:: Aim of the exercise ::
Among the entries below, please repeat exactly and only the lines from the line containing "(k, ground (arith, alloc_at-ge" to the line containing "unfolding release", both lines included.

☆ ☆ ☆ ☆ ☆ ☆ ☆

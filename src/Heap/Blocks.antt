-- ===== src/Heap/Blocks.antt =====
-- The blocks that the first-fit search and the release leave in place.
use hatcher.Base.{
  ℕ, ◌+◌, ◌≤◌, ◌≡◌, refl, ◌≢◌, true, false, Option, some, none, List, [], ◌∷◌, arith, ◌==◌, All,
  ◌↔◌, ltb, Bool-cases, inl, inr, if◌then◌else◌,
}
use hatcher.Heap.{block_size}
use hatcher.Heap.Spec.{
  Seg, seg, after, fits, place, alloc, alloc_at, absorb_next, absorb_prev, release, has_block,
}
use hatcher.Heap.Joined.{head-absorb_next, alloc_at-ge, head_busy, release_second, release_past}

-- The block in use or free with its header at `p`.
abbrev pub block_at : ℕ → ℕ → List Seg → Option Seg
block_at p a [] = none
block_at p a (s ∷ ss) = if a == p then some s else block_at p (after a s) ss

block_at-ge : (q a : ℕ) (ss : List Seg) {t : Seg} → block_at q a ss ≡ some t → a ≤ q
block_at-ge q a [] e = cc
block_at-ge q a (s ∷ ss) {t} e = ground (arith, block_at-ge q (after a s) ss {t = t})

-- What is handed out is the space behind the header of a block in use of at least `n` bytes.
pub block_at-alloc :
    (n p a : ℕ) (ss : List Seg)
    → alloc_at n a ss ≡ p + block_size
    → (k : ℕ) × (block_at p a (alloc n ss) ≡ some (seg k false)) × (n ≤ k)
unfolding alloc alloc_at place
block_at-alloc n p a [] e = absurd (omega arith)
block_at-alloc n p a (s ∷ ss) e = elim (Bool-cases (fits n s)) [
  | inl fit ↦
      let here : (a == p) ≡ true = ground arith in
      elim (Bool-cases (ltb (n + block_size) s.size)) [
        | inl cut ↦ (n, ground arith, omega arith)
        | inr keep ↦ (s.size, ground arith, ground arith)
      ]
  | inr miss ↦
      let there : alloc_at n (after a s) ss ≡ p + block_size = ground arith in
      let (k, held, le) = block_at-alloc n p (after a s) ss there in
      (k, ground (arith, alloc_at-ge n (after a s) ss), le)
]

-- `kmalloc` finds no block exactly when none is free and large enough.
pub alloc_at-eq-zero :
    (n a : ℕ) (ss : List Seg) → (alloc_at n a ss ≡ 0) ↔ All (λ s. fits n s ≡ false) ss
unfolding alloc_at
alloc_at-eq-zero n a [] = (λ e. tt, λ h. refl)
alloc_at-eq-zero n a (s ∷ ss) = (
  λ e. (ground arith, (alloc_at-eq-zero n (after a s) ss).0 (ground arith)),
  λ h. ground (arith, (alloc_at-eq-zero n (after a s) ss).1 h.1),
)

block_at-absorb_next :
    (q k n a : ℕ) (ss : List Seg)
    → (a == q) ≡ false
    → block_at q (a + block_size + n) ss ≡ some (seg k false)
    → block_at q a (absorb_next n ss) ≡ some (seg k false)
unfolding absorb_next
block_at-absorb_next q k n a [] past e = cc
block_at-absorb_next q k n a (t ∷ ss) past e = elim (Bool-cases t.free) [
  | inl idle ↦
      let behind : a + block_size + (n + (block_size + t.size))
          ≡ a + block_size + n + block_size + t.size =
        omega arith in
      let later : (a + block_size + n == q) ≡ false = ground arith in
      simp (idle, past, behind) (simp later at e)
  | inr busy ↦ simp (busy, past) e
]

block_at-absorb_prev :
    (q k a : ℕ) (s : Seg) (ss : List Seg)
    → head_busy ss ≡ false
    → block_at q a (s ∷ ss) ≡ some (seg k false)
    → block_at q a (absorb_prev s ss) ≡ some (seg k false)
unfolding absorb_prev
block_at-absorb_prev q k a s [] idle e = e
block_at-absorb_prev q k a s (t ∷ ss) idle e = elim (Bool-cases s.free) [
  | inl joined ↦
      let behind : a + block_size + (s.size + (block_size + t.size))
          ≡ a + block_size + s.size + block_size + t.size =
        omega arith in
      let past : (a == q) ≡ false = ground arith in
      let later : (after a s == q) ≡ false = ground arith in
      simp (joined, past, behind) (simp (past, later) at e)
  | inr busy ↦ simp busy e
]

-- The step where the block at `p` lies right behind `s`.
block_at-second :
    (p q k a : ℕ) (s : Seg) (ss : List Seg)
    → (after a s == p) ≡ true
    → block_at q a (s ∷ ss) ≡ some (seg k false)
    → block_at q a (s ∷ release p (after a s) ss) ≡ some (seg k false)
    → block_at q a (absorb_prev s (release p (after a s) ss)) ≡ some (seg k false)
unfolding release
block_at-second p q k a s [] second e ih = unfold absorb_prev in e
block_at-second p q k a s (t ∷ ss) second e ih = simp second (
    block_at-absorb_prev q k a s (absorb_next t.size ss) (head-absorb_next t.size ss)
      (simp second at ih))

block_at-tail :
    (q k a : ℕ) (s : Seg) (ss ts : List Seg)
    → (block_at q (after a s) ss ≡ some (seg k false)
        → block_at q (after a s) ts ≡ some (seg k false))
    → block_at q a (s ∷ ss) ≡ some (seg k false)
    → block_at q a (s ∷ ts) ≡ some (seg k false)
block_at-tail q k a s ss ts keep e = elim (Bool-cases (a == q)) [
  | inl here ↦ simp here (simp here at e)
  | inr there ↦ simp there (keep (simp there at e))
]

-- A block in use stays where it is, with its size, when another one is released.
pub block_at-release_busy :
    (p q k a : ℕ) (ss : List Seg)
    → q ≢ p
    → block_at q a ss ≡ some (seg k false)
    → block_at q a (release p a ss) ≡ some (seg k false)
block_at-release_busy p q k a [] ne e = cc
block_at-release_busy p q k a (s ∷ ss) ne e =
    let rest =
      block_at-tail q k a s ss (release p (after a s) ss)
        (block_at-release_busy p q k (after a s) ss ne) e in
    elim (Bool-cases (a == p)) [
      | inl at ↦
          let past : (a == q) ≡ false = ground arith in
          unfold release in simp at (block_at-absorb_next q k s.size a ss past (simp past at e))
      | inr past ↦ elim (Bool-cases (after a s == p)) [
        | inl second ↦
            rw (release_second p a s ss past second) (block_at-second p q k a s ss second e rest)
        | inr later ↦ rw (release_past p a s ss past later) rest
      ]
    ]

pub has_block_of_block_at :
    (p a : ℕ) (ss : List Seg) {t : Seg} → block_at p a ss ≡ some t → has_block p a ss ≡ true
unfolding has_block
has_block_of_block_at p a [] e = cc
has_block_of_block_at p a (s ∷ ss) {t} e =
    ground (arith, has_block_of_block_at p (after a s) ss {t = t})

☆ ☆ ☆ ☆ ☆ ☆ ☆

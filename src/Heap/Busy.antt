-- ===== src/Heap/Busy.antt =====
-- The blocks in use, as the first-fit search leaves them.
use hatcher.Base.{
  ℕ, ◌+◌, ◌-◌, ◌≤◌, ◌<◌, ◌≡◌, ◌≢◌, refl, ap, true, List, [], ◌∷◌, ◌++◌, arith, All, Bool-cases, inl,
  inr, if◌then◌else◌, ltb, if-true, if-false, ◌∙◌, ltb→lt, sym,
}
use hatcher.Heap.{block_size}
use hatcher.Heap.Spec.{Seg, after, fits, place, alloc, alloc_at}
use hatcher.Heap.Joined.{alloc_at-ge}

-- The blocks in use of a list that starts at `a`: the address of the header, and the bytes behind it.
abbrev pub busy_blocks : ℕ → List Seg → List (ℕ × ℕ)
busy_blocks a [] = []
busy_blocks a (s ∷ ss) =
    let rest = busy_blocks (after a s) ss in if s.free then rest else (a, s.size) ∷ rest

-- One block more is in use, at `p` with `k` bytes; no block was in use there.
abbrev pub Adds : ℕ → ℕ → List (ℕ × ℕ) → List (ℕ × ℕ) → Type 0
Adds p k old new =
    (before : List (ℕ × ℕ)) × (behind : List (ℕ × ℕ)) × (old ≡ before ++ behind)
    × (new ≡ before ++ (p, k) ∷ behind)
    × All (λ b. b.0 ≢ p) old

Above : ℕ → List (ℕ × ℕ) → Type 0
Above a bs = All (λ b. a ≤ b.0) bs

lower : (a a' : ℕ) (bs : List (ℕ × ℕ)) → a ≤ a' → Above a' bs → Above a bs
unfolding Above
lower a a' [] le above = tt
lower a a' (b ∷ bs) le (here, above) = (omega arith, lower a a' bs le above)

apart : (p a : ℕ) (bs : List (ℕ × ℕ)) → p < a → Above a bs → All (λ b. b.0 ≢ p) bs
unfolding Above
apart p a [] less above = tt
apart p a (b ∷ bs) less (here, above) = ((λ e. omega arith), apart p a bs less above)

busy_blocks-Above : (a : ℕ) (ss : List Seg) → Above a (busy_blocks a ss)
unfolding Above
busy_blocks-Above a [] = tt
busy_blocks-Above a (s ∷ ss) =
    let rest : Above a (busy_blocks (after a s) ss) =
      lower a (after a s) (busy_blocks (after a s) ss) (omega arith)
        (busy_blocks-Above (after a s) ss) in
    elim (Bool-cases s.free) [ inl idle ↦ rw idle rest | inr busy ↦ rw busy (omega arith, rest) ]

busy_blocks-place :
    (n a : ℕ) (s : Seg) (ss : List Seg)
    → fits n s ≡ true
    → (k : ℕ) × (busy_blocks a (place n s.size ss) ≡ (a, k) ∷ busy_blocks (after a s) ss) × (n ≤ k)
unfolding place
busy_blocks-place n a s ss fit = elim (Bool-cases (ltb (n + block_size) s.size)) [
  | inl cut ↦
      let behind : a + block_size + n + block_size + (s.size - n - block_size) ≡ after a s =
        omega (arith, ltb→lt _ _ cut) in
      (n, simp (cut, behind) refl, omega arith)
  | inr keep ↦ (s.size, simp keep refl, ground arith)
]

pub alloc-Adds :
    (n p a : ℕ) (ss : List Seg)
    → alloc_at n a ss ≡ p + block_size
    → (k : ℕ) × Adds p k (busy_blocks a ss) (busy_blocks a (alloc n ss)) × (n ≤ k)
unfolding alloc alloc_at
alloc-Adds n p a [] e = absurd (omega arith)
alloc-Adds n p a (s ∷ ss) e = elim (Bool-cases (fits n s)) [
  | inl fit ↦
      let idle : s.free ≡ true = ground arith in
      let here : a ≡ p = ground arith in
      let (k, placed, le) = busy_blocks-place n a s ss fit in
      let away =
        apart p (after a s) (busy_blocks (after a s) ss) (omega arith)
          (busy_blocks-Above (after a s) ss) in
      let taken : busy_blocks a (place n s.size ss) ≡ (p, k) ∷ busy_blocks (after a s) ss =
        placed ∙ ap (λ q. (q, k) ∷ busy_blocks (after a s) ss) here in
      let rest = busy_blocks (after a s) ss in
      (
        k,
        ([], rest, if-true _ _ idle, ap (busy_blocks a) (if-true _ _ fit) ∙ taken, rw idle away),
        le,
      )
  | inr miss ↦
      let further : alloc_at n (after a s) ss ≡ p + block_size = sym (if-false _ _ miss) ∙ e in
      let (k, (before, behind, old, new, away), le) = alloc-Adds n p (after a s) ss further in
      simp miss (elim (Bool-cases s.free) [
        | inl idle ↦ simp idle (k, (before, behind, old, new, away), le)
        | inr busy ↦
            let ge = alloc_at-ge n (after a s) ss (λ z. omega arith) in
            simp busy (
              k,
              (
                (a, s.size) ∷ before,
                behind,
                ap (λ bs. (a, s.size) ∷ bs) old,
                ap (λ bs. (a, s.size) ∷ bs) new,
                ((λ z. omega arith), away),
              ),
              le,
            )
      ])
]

☆ ☆ ☆ ☆ ☆ ☆ ☆

:: Answer to this problem ::
      (k, ground (arith, alloc_at-ge n (after a s) ss), le)
]

-- `kmalloc` finds no block exactly when none is free and large enough.
pub alloc_at-eq-zero :
    (n a : ℕ) (ss : List Seg) → (alloc_at n a ss ≡ 0) ↔ All (λ s. fits n s ≡ false) ss
unfolding alloc_at
alloc_at-eq-zero n a [] = (λ e. tt, λ h. refl)
alloc_at-eq-zero n a (s ∷ ss) = (
  λ e. (ground arith, (alloc_at-eq-zero n (after a s) ss).0 (ground arith)),
  λ h. ground (arith, (alloc_at-eq-zero n (after a s) ss).1 h.1),
)

block_at-absorb_next :
    (q k n a : ℕ) (ss : List Seg)
    → (a == q) ≡ false
    → block_at q (a + block_size + n) ss ≡ some (seg k false)
    → block_at q a (absorb_next n ss) ≡ some (seg k false)
unfolding absorb_next
block_at-absorb_next q k n a [] past e = cc
block_at-absorb_next q k n a (t ∷ ss) past e = elim (Bool-cases t.free) [
  | inl idle ↦
      let behind : a + block_size + (n + (block_size + t.size))
          ≡ a + block_size + n + block_size + t.size =
        omega arith in
      let later : (a + block_size + n == q) ≡ false = ground arith in
      simp (idle, past, behind) (simp later at e)
  | inr busy ↦ simp (busy, past) e
]

block_at-absorb_prev :
    (q k a : ℕ) (s : Seg) (ss : List Seg)
    → head_busy ss ≡ false
    → block_at q a (s ∷ ss) ≡ some (seg k false)
    → block_at q a (absorb_prev s ss) ≡ some (seg k false)
unfolding absorb_prev
block_at-absorb_prev q k a s [] idle e = e
block_at-absorb_prev q k a s (t ∷ ss) idle e = elim (Bool-cases s.free) [
  | inl joined ↦
      let behind : a + block_size + (s.size + (block_size + t.size))
          ≡ a + block_size + s.size + block_size + t.size =
        omega arith in
      let past : (a == q) ≡ false = ground arith in
      let later : (after a s == q) ≡ false = ground arith in
      simp (joined, past, behind) (simp (past, later) at e)
  | inr busy ↦ simp busy e
]

-- The step where the block at `p` lies right behind `s`.
block_at-second :
    (p q k a : ℕ) (s : Seg) (ss : List Seg)
    → (after a s == p) ≡ true
    → block_at q a (s ∷ ss) ≡ some (seg k false)
    → block_at q a (s ∷ release p (after a s) ss) ≡ some (seg k false)
    → block_at q a (absorb_prev s (release p (after a s) ss)) ≡ some (seg k false)
unfolding release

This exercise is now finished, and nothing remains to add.